*** Dataset excerpts Section Begins ***

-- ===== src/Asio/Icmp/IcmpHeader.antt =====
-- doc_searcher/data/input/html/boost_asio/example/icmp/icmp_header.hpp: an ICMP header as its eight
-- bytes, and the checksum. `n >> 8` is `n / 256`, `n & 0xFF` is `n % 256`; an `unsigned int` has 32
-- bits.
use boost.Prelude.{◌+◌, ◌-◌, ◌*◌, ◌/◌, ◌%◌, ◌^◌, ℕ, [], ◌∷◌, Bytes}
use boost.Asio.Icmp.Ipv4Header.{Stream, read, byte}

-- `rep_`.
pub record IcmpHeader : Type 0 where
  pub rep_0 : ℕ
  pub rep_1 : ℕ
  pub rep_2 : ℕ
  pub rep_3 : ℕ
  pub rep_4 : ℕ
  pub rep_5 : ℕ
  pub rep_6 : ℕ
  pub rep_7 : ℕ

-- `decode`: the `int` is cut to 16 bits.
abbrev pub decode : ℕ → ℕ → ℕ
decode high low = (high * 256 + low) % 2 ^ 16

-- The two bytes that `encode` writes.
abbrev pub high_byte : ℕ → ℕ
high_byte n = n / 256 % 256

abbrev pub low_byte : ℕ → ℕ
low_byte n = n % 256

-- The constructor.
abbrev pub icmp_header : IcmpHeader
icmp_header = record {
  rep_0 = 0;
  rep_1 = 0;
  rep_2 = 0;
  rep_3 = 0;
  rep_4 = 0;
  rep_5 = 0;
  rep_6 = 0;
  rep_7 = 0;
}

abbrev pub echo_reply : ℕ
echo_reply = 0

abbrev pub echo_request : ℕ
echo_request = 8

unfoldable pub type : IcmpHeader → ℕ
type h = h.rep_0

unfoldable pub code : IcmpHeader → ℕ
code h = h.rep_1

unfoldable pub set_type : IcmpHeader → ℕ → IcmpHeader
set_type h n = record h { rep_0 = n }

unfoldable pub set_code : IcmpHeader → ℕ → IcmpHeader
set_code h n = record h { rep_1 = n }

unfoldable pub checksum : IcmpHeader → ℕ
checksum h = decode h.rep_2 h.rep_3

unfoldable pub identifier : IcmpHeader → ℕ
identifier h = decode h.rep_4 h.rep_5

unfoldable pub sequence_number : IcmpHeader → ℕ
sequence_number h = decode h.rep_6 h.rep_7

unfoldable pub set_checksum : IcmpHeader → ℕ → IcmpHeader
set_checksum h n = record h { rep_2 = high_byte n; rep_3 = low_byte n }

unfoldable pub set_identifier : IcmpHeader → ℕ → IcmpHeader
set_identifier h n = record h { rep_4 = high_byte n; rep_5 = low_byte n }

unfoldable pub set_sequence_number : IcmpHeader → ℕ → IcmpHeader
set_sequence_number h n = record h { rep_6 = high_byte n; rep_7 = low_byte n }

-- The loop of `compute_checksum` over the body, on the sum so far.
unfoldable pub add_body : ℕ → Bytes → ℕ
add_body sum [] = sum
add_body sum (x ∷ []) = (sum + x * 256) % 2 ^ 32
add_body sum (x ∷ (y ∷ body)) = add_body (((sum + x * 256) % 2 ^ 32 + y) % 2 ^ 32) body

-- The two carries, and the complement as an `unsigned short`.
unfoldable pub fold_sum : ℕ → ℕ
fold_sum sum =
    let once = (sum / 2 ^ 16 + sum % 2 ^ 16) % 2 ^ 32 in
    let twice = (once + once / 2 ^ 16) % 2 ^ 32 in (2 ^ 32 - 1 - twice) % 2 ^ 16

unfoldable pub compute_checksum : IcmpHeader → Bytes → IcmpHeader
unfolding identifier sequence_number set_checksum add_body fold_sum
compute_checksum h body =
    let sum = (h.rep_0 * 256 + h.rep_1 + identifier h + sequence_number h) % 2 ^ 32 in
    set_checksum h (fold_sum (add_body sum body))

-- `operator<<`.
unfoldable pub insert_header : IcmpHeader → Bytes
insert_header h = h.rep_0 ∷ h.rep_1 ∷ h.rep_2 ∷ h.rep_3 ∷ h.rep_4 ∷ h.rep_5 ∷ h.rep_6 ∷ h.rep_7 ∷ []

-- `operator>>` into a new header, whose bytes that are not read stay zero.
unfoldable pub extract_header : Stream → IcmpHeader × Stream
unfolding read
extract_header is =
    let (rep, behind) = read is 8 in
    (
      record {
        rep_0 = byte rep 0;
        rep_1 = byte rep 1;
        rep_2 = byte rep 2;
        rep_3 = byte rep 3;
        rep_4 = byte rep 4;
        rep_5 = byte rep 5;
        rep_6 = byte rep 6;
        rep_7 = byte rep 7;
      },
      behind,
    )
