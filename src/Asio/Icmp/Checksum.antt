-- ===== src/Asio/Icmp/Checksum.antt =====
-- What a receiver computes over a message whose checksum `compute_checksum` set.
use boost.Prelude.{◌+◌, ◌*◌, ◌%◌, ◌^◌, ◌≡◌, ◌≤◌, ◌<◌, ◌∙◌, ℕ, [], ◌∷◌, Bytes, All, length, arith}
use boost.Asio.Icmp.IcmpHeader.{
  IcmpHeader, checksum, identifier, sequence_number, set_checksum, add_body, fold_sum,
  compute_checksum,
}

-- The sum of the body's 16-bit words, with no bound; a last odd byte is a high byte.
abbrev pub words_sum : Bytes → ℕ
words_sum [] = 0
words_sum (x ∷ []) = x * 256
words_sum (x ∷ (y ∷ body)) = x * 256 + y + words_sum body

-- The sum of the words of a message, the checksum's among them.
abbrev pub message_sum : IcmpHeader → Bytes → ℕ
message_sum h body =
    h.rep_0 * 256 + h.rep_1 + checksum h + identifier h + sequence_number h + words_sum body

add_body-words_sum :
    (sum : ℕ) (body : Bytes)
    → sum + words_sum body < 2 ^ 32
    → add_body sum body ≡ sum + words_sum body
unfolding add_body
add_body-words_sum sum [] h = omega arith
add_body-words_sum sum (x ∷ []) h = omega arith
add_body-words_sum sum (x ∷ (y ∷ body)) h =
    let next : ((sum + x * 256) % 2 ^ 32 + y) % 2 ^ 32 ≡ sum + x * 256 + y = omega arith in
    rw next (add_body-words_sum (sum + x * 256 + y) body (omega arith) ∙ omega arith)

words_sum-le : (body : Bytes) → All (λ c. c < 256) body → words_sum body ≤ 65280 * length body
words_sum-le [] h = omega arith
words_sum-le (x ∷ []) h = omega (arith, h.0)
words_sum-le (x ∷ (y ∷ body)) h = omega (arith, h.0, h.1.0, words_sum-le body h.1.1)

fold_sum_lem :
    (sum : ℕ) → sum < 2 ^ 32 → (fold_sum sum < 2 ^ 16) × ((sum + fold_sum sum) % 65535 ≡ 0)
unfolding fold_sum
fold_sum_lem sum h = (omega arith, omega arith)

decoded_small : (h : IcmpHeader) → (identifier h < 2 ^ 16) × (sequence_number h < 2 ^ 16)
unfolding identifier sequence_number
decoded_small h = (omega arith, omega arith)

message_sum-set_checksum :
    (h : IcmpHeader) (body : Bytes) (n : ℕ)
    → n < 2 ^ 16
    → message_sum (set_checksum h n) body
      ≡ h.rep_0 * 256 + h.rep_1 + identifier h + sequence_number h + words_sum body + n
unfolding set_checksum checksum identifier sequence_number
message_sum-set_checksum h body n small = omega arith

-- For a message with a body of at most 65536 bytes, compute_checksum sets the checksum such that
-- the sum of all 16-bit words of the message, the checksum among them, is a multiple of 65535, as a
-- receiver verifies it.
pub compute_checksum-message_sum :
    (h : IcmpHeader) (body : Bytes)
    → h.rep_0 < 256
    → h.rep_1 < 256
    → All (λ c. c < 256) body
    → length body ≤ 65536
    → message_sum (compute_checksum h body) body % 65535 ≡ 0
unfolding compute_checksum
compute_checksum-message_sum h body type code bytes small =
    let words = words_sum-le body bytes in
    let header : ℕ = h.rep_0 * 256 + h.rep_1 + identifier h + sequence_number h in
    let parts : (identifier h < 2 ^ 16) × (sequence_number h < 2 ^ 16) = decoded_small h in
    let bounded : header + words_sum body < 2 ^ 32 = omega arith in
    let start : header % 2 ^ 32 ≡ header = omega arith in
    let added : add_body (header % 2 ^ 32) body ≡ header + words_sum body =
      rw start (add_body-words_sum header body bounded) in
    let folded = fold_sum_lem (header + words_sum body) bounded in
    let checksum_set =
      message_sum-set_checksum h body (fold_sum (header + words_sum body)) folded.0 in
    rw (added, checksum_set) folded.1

*** Dataset excerpts Section Ends ***

■ Aim of the exercise ■
Using the data above, show each line where "receiver" occurs.

■ Output of the task ■
-- What a receiver computes over a message whose checksum `compute_checksum` set.
-- receiver verifies it.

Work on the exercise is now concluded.